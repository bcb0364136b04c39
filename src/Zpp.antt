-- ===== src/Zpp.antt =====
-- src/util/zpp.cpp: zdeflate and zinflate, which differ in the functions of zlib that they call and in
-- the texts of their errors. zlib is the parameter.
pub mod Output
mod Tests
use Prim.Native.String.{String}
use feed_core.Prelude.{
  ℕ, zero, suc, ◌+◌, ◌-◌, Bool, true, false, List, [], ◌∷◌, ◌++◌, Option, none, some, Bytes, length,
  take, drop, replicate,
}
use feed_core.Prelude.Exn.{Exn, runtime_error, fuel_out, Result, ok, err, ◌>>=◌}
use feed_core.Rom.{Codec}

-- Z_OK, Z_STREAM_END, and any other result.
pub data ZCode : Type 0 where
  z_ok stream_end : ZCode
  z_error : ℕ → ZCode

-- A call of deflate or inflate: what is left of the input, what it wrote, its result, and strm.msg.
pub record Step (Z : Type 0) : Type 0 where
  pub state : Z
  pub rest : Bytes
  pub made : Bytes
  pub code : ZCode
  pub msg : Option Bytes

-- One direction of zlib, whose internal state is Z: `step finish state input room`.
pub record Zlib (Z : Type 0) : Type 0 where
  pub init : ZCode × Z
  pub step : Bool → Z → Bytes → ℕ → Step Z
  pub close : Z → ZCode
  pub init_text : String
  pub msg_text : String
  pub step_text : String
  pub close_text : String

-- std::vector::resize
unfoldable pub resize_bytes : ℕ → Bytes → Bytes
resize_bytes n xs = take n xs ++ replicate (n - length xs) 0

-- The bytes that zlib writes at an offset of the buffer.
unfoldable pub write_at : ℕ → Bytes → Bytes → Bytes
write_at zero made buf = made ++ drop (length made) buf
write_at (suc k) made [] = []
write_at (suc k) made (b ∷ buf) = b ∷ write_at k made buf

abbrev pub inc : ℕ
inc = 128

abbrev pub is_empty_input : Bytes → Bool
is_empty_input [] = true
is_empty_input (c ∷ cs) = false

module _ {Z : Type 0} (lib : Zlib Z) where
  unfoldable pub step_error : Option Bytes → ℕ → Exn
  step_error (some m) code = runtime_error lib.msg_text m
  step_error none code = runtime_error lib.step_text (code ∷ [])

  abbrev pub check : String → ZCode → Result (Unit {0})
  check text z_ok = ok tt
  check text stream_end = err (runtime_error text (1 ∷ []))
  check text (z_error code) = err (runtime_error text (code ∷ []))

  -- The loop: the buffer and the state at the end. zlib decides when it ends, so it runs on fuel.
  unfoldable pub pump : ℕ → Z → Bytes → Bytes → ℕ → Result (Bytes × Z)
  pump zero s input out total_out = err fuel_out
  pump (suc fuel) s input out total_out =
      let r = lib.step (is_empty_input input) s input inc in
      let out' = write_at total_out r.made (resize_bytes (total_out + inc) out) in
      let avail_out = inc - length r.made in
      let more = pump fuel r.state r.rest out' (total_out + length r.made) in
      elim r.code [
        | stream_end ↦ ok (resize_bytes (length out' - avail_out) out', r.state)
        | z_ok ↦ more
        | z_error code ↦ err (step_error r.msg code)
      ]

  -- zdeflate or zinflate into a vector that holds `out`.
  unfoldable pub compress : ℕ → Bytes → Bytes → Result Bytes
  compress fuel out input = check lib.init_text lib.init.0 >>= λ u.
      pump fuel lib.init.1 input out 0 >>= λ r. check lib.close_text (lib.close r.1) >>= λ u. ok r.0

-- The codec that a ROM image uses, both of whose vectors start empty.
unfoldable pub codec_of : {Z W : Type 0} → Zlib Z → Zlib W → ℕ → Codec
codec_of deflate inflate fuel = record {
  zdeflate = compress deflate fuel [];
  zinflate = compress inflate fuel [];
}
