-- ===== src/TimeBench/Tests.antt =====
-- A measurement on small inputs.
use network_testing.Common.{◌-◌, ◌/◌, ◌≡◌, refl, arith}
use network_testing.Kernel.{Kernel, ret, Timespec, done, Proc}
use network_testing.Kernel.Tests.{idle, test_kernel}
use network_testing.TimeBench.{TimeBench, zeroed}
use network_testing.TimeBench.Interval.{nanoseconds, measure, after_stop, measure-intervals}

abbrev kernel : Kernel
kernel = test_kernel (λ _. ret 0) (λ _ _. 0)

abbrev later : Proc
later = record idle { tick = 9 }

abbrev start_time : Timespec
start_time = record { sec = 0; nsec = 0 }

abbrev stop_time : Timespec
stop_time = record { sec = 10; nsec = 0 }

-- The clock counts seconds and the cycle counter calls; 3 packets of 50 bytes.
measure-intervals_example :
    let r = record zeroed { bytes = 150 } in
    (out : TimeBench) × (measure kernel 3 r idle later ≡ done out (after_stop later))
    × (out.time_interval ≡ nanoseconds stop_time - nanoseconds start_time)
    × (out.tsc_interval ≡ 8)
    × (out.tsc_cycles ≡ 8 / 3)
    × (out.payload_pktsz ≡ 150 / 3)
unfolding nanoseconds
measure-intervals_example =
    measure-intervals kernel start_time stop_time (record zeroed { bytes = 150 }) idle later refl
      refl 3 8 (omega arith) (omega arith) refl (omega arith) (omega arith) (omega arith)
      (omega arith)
________________
_YOUR ASSIGNMENT_:
Where does the string "none" occur in the data above? Copy every line that holds it.

_SOLVED EXERCISE_:
  ℕ, zero, suc, ◌+◌, ◌-◌, Bool, true, false, List, [], ◌∷◌, ◌++◌, Option, none, some, Bytes, length,
  step_error none code = runtime_error lib.step_text (code ∷ [])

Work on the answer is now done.